→ **The data**
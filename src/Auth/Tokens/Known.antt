-- ===== src/Auth/Tokens/Known.antt =====
-- internal/auth/auth.go: the credentials that New makes, and whom Authenticate knows.
use mathlib.Core.List.{Memᴰ, append-nil, append_assoc}
use secure_dev.Prelude.{
  String, true, false, ◌≡◌, ◌↔◌, ◌⊎◌, refl, sym, ap, subst, ◌∙◌, Option, none, some, List, [], ◌∷◌,
  ◌++◌, any-snoc, ◌==◌, eq_iff, eqb_comm, arith, Bool-cases, Option-cases, inl, inr,
}
use secure_dev.Auth.Tokens.Entry.{IsEntry, check_pair_sound}
use secure_dev.Auth.Tokens.{
  Credential, Principal, TokenError, Checked, accepted, rejected, authenticator, has_label,
  has_digest, last_match, principal_of, principal_from, check_pair, add_all, new, match_of,
  authenticate, parse_bearer,
}

-- No two credentials share a label, and no two a digest.
abbrev pub AllDistinct : List Credential → Type 0
AllDistinct [] = Unit
AllDistinct (c ∷ rest) =
    (has_digest c.digest rest ≡ false) × (has_label c.label rest ≡ false) × AllDistinct rest

AllDistinct-snoc :
    (creds : List Credential) (c : Credential)
    → has_digest c.digest creds ≡ false
    → has_label c.label creds ≡ false
    → AllDistinct creds
    → AllDistinct (creds ++ c ∷ [])
unfolding has_digest has_label
AllDistinct-snoc [] c h k distinct = (refl, refl, tt)
AllDistinct-snoc (d ∷ rest) c h k (h', k', distinct) = (
  ground (arith, any-snoc (λ x. x.digest == d.digest) rest c, eqb_comm c.digest d.digest),
  ground (arith, any-snoc (λ x. x.label == d.label) rest c, eqb_comm c.label d.label),
  AllDistinct-snoc rest c (ground arith) (ground arith) distinct,
)

last_match-none :
    (d : String) (creds : List Credential) → has_digest d creds ≡ false → last_match d creds ≡ none
unfolding last_match has_digest
last_match-none d [] h = refl
last_match-none d (c ∷ rest) h =
    rw (last_match-none d rest (ground arith)) (ground (arith, eqb_comm c.digest d))

has_digest-of :
    (c : Credential) (creds : List Credential) → Memᴰ c creds → has_digest c.digest creds ≡ true
unfolding has_digest
has_digest-of c [] m = elim m [ ]
has_digest-of c (b ∷ rest) (Memᴰ.head e) = rw (← e, (eq_iff c.digest c.digest).1 refl) refl
has_digest-of c (b ∷ rest) (Memᴰ.tail m) = ground (arith, has_digest-of c rest m)

last_match-here :
    (c : Credential) (rest : List Credential)
    → has_digest c.digest rest ≡ false
    → last_match c.digest (c ∷ rest) ≡ some c
unfolding last_match
last_match-here c rest h =
    rw (last_match-none c.digest rest h, (eq_iff c.digest c.digest).1 refl) refl

-- The only credential with the digest is the last one with it.
last_match-of :
    (c : Credential) (creds : List Credential)
    → AllDistinct creds
    → Memᴰ c creds
    → last_match c.digest creds ≡ some c
unfolding last_match
last_match-of c [] distinct m = elim m [ ]
last_match-of c (b ∷ rest) (h, k, distinct) (Memᴰ.head e) =
    subst (λ x. last_match x.digest (b ∷ rest) ≡ some x) (sym e) (last_match-here b rest h)
last_match-of c (b ∷ rest) (h, k, distinct) (Memᴰ.tail m) =
    rw (last_match-of c rest distinct m) refl

last_match_sound :
    (d : String) (creds : List Credential) (c : Credential)
    → last_match d creds ≡ some c
    → Memᴰ c creds × (d ≡ c.digest)
unfolding last_match
last_match_sound d [] c h = cc
last_match_sound d (b ∷ rest) c h = elim (Option-cases (last_match d rest)) [
  | inr (b', e) ↦ let (m, same) = last_match_sound d rest c (e ∙ (rw e at h)) in (Memᴰ.tail m, same)
  | inl e ↦ elim (Bool-cases (d == b.digest)) [
    | inl f ↦
        let same : b ≡ c = let k = rw (e, f) at h in cc in
        (Memᴰ.head (sym same), (eq_iff d b.digest).0 f ∙ ap (λ x. x.digest) same)
    | inr f ↦ let k = rw (e, f) at h in cc
  ]
]

principal_from_sound :
    (o : Option Credential) (p : Principal)
    → principal_from o ≡ some p
    → (c : Credential) × (o ≡ some c) × (p ≡ principal_of c)
principal_from_sound none p h = cc
principal_from_sound (some c) p h = (c, refl, cc)

checked_cases :
    (o : Checked) → ((e : TokenError) × (o ≡ rejected e)) ⊎ ((c : Credential) × (o ≡ accepted c))
checked_cases (rejected e) = inl (e, refl)
checked_cases (accepted c) = inr (c, refl)

module _ (hash : String → String) where
  -- One credential for each entry, in order.
  pub data Entries : List String → List Credential → Type 0 where
    no_entries : Entries [] []
    next_entry :
        {pair : String} {c : Credential} {pairs : List String} {creds : List Credential}
        → IsEntry hash pair c
        → Entries pairs creds
        → Entries (pair ∷ pairs) (c ∷ creds)

  add_all_sound :
      (creds : List Credential) (pairs : List String) (out : List Credential)
      → AllDistinct creds
      → add_all hash creds pairs ≡ authenticator out
      → (made : List Credential) × (out ≡ creds ++ made) × Entries pairs made × AllDistinct out
  unfolding add_all
  add_all_sound creds [] out distinct h =
      let same : creds ≡ out = cc in
      ([], sym (append-nil creds ∙ same), no_entries, subst AllDistinct same distinct)
  add_all_sound creds (pair ∷ rest) out distinct h =
      elim (checked_cases (check_pair hash creds pair)) [
        | inl (e, off) ↦ let k = rw off at h in cc
        | inr (c, on) ↦
            let (entry, new_label, new_digest) = check_pair_sound hash creds pair c on in
            let (made, same, entries, all_distinct) =
              add_all_sound (creds ++ c ∷ []) rest out
                (AllDistinct-snoc creds c new_digest new_label distinct)
                (let k = rw on at h in k) in
            (
              c ∷ made,
              same ∙ append_assoc creds (c ∷ []) made,
              next_entry entry entries,
              all_distinct,
            )
      ]

  -- From entries that are accepted come one credential for each, in order: the entry is
  -- `label:role:scope:secret` with a known role, a scope that is not empty and a secret of at least 32
  -- bytes, and the credential has that label, trimmed, that role and scope, and the secret's digest.
  -- No two credentials share a label, and no two a digest.
  pub new_sound :
      (pairs : List String) (creds : List Credential)
      → new hash pairs ≡ authenticator creds
      → Entries pairs creds × AllDistinct creds
  new_sound [] creds h = cc
  new_sound (pair ∷ rest) creds h =
      let (made, same, entries, distinct) = add_all_sound [] (pair ∷ rest) creds tt h in
      (rw same entries, distinct)

  authenticate_sound :
      (creds : List Credential) (o : Option String) (p : Principal)
      → match_of hash creds o ≡ some p
      → (token : String) × (c : Credential) × (o ≡ some token)
        × Memᴰ c creds
        × (hash token ≡ c.digest)
        × (p ≡ principal_of c)
  authenticate_sound creds none p h = cc
  authenticate_sound creds (some token) p h =
      let (c, e, is) = principal_from_sound (last_match (hash token) creds) p h in
      let (m, same) = last_match_sound (hash token) creds c e in (token, c, refl, m, same, is)

  -- With credentials that New accepted, a request is that of a principal exactly if it has a token
  -- whose digest is that of one of the credentials, and the principal is that credential's. So a token
  -- is never taken for another credential than its own, and no request passes without one.
  pub authenticate_iff :
      (pairs : List String) (creds : List Credential)
      → new hash pairs ≡ authenticator creds
      → (header : String) (p : Principal)
      → (authenticate hash creds header ≡ some p) ↔ (
          (token : String) × (c : Credential) × (parse_bearer header ≡ some token)
          × Memᴰ c creds
          × (hash token ≡ c.digest)
          × (p ≡ principal_of c))
  unfolding authenticate
  authenticate_iff pairs creds h header p = (
    authenticate_sound creds (parse_bearer header) p,
    λ (token, c, there, m, same, is).
        ap (match_of hash creds) there
        ∙ ap (λ d. principal_from (last_match d creds)) same
        ∙ ap principal_from (last_match-of c creds (new_sound pairs creds h).1 m)
        ∙ ap some (sym is),
  )
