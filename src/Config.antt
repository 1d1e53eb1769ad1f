-- ===== src/Config.antt =====
-- internal/config/config.go: how a setting that is a list is read from the environment.
use secure_dev.Prelude.{String, not, List, [], keep, map, ◌==◌, if◌then◌else◌}
use secure_dev.Prelude.Text.{trim_space, split}

-- The nil list, for a text of spaces, is the empty list here: split and trimmed, such a text leaves
-- nothing either, but the early return is kept.
unfoldable pub split_list : String → List String
unfolding trim_space split
split_list raw =
    if trim_space raw == "" then [] else keep (λ p. not (p == "")) (map trim_space (split 44 raw))
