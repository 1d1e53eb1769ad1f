-- ===== src/Auth/Tokens/Setting.antt =====
-- internal/auth/auth.go and internal/config/config.go: the scopes that the tokens of the environment
-- can have.
use Prim.Native.String.{◌++◌}
use Prim.Native.Char.{Char, code}
use text.Mathlib.TextLemmas.{nil-append, cons-append}
use secure_dev.Prelude.{
  ℕ, String, true, false, not, ◌||◌, ◌&&◌, ◌≡◌, ◌⊎◌, refl, subst, List, [], ◌∷◌, length, All,
  All-imp, All-map, All-keep_imp, map, nat_eqb, ◌==◌, arith, Bool-cases, inl, inr,
}
use secure_dev.Prelude.Text.{
  is_space, prepend, trim_left, trim_right, trim_space, has_code, split, split_one, join,
}
use secure_dev.Prelude.Sort.{sort_by}
use secure_dev.Config.{split_list}
use secure_dev.Auth.{
  Scope, global_scope, collect_slugs, slug_of, scope_to, parsed, is_nil, parse_scope,
}
use secure_dev.Auth.Reach.{field_cases}
use secure_dev.Auth.Tokens.{Credential, authenticator, new}
use secure_dev.Auth.Tokens.Entry.{IsEntry}
use secure_dev.Auth.Tokens.Known.{Entries, no_entries, next_entry, new_sound}

-- The character is not in the text.
abbrev Lacks : ℕ → String → Type 0
Lacks k s = has_code k s ≡ false

prepend-Lacks :
    (k : ℕ) (c : Char) (words : List String)
    → nat_eqb k (code c) ≡ false
    → All (Lacks k) words
    → All (Lacks k) (prepend c words)
unfolding has_code
prepend-Lacks k c [] h l = (rw h refl, tt)
prepend-Lacks k c (w ∷ ws) h (l, ls) = (rw (h, l) refl, ls)

split-Lacks : (k : ℕ) (s : String) → All (Lacks k) (split k s)
unfolding split has_code
split-Lacks k String.[] = (refl, tt)
split-Lacks k (String.◌∷◌ c s) = elim (Bool-cases (nat_eqb k (code c))) [
  | inl e ↦ rw e (refl, split-Lacks k s)
  | inr e ↦ rw e (prepend-Lacks k c (split k s) e (split-Lacks k s))
]

trim_left-Lacks : (k : ℕ) (s : String) → Lacks k s → Lacks k (trim_left s)
unfolding trim_left has_code
trim_left-Lacks k String.[] h = refl
trim_left-Lacks k (String.◌∷◌ c s) h = elim (Bool-cases (is_space c)) [
  | inl e ↦ rw e (trim_left-Lacks k s (ground arith))
  | inr e ↦ rw e h
]

trim_right-Lacks : (k : ℕ) (s : String) → Lacks k s → Lacks k (trim_right s)
unfolding trim_right has_code
trim_right-Lacks k String.[] h = refl
trim_right-Lacks k (String.◌∷◌ c s) h = elim (Bool-cases (is_space c && trim_right s == "")) [
  | inl e ↦ rw e refl
  | inr e ↦ rw e (ground (arith, trim_right-Lacks k s))
]

trim_space-Lacks : (k : ℕ) (s : String) → Lacks k s → Lacks k (trim_space s)
unfolding trim_space
trim_space-Lacks k s h = trim_right-Lacks k (trim_left s) (trim_left-Lacks k s h)

split_list-Lacks : (raw : String) → All (Lacks 44) (split_list raw)
unfolding split_list
split_list-Lacks raw = elim (Bool-cases (trim_space raw == "")) [
  | inl e ↦ rw e tt
  | inr e ↦ rw e (
      All-keep_imp (Lacks 44) (λ p. not (p == "")) (map trim_space (split 44 raw))
        (All-map _ trim_space (split 44 raw) (
          All-imp {Q = λ s. not (trim_space s == "") ≡ true → Lacks 44 (trim_space s)}
            (λ s l kept. trim_space-Lacks 44 s l) (split 44 raw) (split-Lacks 44 raw))))
]

append-Lacks : (k : ℕ) (s t : String) → Lacks k (s ++ t) → Lacks k s × Lacks k t
unfolding has_code
append-Lacks k String.[] t h = (refl, rw (nil-append t) at h)
append-Lacks k (String.◌∷◌ c s) t h =
    let cons = rw (cons-append c s t) at h in
    let (l, r) = append-Lacks k s t (ground arith) in (ground arith, r)

-- A scope over at most one project, or over all.
abbrev pub IsNarrow : Scope → Type 0
IsNarrow s = (s ≡ global_scope) ⊎ (length s.projects ≡ 1)

scope_to-IsNarrow :
    (t : String)
    → is_nil (scope_to (t ∷ [])).projects ≡ false
    → length (scope_to (t ∷ [])).projects ≡ 1
unfolding scope_to collect_slugs sort_by
scope_to-IsNarrow t h = elim (Bool-cases (slug_of t == "" || false)) [
  | inl e ↦ let k = rw e at h in cc
  | inr e ↦ rw e refl
]

parse_scope-IsNarrow :
    (raw : String) (s : Scope) → Lacks 44 raw → parse_scope raw ≡ parsed s → IsNarrow s
unfolding parse_scope
parse_scope-IsNarrow raw s lacks h = elim (field_cases raw (trim_space raw) s h) [
  | inl (star, same) ↦ inl same
  | inr (star, same, named) ↦
      let one = split_one 44 (trim_space raw) (trim_space-Lacks 44 raw lacks) in
      inr (rw (same, one) (scope_to-IsNarrow (trim_space raw) (rw one at named)))
]

IsEntry-IsNarrow :
    (hash : String → String) (pair : String) (c : Credential)
    → Lacks 44 pair
    → IsEntry hash pair c
    → IsNarrow c.scope
unfolding join
IsEntry-IsNarrow hash pair c lacks e =
    let whole : Lacks 44 (join (e.label_field ∷ e.role_field ∷ e.scope_field ∷ e.secret ∷ []) ":") =
      subst (Lacks 44) e.composed lacks in
    let behind_label = (append-Lacks 44 ":" _ (append-Lacks 44 e.label_field _ whole).1).1 in
    let behind_role = (append-Lacks 44 ":" _ (append-Lacks 44 e.role_field _ behind_label).1).1 in
    parse_scope-IsNarrow e.scope_field c.scope (append-Lacks 44 e.scope_field _ behind_role).0
      e.scope

Entries-IsNarrow :
    (hash : String → String) (pairs : List String) (creds : List Credential)
    → All (Lacks 44) pairs
    → Entries hash pairs creds
    → All (λ c. IsNarrow c.scope) creds
Entries-IsNarrow hash [] [] l no_entries = tt
Entries-IsNarrow hash [] (c ∷ creds) l none_made = elim none_made [ ]
Entries-IsNarrow hash (pair ∷ pairs) [] l none_made = elim none_made [ ]
Entries-IsNarrow hash (pair ∷ pairs) (c ∷ creds) (l, ls) (next_entry e es) =
    (IsEntry-IsNarrow hash pair c l e, Entries-IsNarrow hash pairs creds ls es)

-- A token that is configured by the environment's list reaches either every project or just one:
-- the commas that would part the projects of its scope part the list first.
pub split_list-IsNarrow :
    (hash : String → String) (raw : String) (creds : List Credential)
    → new hash (split_list raw) ≡ authenticator creds
    → All (λ c. IsNarrow c.scope) creds
split_list-IsNarrow hash raw creds h =
    Entries-IsNarrow hash (split_list raw) creds (split_list-Lacks raw)
      (new_sound hash (split_list raw) creds h).0
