-- ===== src/Scanners.antt =====
-- internal/scanners: the contract that every adapter fulfils (scanner.go, target.go).
-- A Go string type with named constants is a data type with a constructor for each constant, and
-- `other t` for any text `t` that is none of them.
pub mod Registry
use secure_dev.Prelude.{
  ℕ, String, Bool, true, false, List, [], ◌∷◌, ◌++◌, any, length, ltb, ◌==◌, if◌then◌else◌,
}

pub data Kind : Type 0 where
  repository filesystem image endpoint : Kind
  other : String → Kind

abbrev pub kind_text : Kind → String
kind_text repository = "repository"
kind_text filesystem = "filesystem"
kind_text image = "image"
kind_text endpoint = "endpoint"
kind_text (Kind.other t) = t

-- Go's `==` on the string type.
abbrev pub same_kind : Kind → Kind → Bool
same_kind a b = kind_text a == kind_text b

unfoldable pub kinds : List Kind
kinds = repository ∷ filesystem ∷ image ∷ endpoint ∷ []

unfoldable pub valid_kind : Kind → Bool
unfolding kinds
valid_kind k = any (λ known. same_kind k known) kinds

unfoldable pub effective_kind : Kind → Kind
effective_kind k = if same_kind k repository then filesystem else k

pub record Target : Type 0 where
  pub kind : Kind
  pub repository_url : String
  pub ref : String
  pub path : String
  pub image_ref : String
  pub endpoint_url : String

pub data Category : Type 0 where
  sast secrets sbom dependency container iac dast license : Category
  other : String → Category

abbrev pub category_text : Category → String
category_text sast = "sast"
category_text secrets = "secrets"
category_text sbom = "sbom"
category_text dependency = "dependency"
category_text container = "container"
category_text iac = "iac"
category_text dast = "dast"
category_text license = "license"
category_text (Category.other t) = t

-- The conversion `Category(t)`.
unfoldable pub category_of_text : String → Category
category_of_text t =
    if t == "sast"
    then sast
    else if t == "secrets"
    then secrets
    else if t == "sbom"
    then sbom
    else if t == "dependency"
    then dependency
    else if t == "container"
    then container
    else if t == "iac"
    then iac
    else if t == "dast"
    then dast
    else if t == "license"
    then license
    else Category.other t

pub record Capabilities : Type 0 where
  pub supported : List Kind
  pub categories : List Category
  pub network_kinds : List Kind

unfoldable pub covers : Capabilities → Category → Bool
covers c cat = any (λ known. category_text known == category_text cat) c.categories

unfoldable pub needs_network : Capabilities → Kind → Bool
needs_network c k = any (λ kind. same_kind kind k) c.network_kinds

unfoldable pub supports : Capabilities → Kind → Bool
supports c k = any (λ kind. same_kind kind k) c.supported

-- The vocabulary is open: an adapter may name a reason of its own.
abbrev pub Degradation : Type 0
Degradation = String

abbrev pub output_truncated_reason : Degradation
output_truncated_reason = "output_truncated"

-- The loop of `Degrade`: a reason already present is not recorded again.
unfoldable pub degrade : List Degradation → Degradation → List Degradation
degrade present d = if any (λ existing. existing == d) present then present else present ++ d ∷ []

unfoldable pub degraded : List Degradation → Bool
degraded present = ltb 0 (length present)

unfoldable pub output_truncated : List Degradation → Bool
output_truncated present = any (λ d. d == output_truncated_reason) present
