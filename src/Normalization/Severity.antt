-- ===== src/Normalization/Severity.antt =====
-- internal/normalization/severity.go.
-- A Go string type with named constants is a data type with a constructor for each constant, and
-- `other t` for any text `t` that is none of them.
pub mod Laws
use secure_dev.Prelude.{ℕ, String, Bool, true, false, ◌||◌, ◌==◌, if◌then◌else◌}
use secure_dev.Prelude.Text.{to_lower, to_upper, trim_space}

pub data Severity : Type 0 where
  critical high medium low info unknown : Severity
  other : String → Severity

abbrev pub severity_text : Severity → String
severity_text critical = "critical"
severity_text high = "high"
severity_text medium = "medium"
severity_text low = "low"
severity_text info = "info"
severity_text unknown = "unknown"
severity_text (Severity.other t) = t

-- The conversion `Severity(t)`.
unfoldable pub severity_of_text : String → Severity
severity_of_text t =
    if t == "critical"
    then critical
    else if t == "high"
    then high
    else if t == "medium"
    then medium
    else if t == "low"
    then low
    else if t == "info"
    then info
    else if t == "unknown"
    then unknown
    else Severity.other t

unfoldable pub severity_valid : Severity → Bool
severity_valid (Severity.other t) = false
severity_valid _ = true

unfoldable pub severity_rank : Severity → ℕ
severity_rank critical = 5
severity_rank high = 4
severity_rank medium = 3
severity_rank unknown = 2
severity_rank low = 1
severity_rank _ = 0

-- The `switch` of `MapSeverity`, on the trimmed and lowered text.
abbrev severity_of_word : String → Severity
severity_of_word w =
    if w == "critical"
    then critical
    else if w == "high"
    then high
    else if w == "medium" || w == "moderate"
    then medium
    else if w == "low"
    then low
    else if w == "negligible" || w == "info" || w == "informational" || w == "none"
    then info
    else unknown

unfoldable pub map_severity : String → Severity
unfolding to_lower trim_space
map_severity raw = severity_of_word (to_lower (trim_space raw))

abbrev zap_risk_of_code : String → Severity
zap_risk_of_code w =
    if w == "3"
    then high
    else if w == "2"
    then medium
    else if w == "1"
    then low
    else if w == "0"
    then info
    else unknown

unfoldable pub map_zap_risk : String → Severity
unfolding trim_space
map_zap_risk raw = zap_risk_of_code (trim_space raw)

pub data Confidence : Type 0 where
  high medium low : Confidence
  other : String → Confidence

abbrev pub confidence_text : Confidence → String
confidence_text Confidence.high = "high"
confidence_text Confidence.medium = "medium"
confidence_text Confidence.low = "low"
confidence_text (Confidence.other t) = t

unfoldable pub confidence_valid : Confidence → Bool
confidence_valid (Confidence.other t) = false
confidence_valid _ = true

abbrev zap_confidence_of_code : String → Confidence
zap_confidence_of_code w =
    if w == "3" || w == "4"
    then Confidence.high
    else if w == "2"
    then Confidence.medium
    else Confidence.low

unfoldable pub map_zap_confidence : String → Confidence
unfolding trim_space
map_zap_confidence raw = zap_confidence_of_code (trim_space raw)

abbrev semgrep_of_word : String → Severity
semgrep_of_word w =
    if w == "ERROR"
    then high
    else if w == "WARNING"
    then medium
    else if w == "INFO"
    then info
    else unknown

unfoldable pub map_semgrep_severity : String → Severity
unfolding to_upper trim_space
map_semgrep_severity raw = semgrep_of_word (to_upper (trim_space raw))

→ **Work instruction**
What should be returned is the run of lines from the first line of the material through the line containing "AllDistinct [] = Unit", exact and inclusive, and nothing else.

→ **Expected output**
filename src/Auth/Tokens/Known.antt
-- ===== src/Auth/Tokens/Known.antt =====
-- internal/auth/auth.go: the credentials that New makes, and whom Authenticate knows.
use mathlib.Core.List.{Memᴰ, append-nil, append_assoc}
use secure_dev.Prelude.{
  String, true, false, ◌≡◌, ◌↔◌, ◌⊎◌, refl, sym, ap, subst, ◌∙◌, Option, none, some, List, [], ◌∷◌,
  ◌++◌, any-snoc, ◌==◌, eq_iff, eqb_comm, arith, Bool-cases, Option-cases, inl, inr,
}
use secure_dev.Auth.Tokens.Entry.{IsEntry, check_pair_sound}
use secure_dev.Auth.Tokens.{
  Credential, Principal, TokenError, Checked, accepted, rejected, authenticator, has_label,
  has_digest, last_match, principal_of, principal_from, check_pair, add_all, new, match_of,
  authenticate, parse_bearer,
}

-- No two credentials share a label, and no two a digest.
abbrev pub AllDistinct : List Credential → Type 0
AllDistinct [] = Unit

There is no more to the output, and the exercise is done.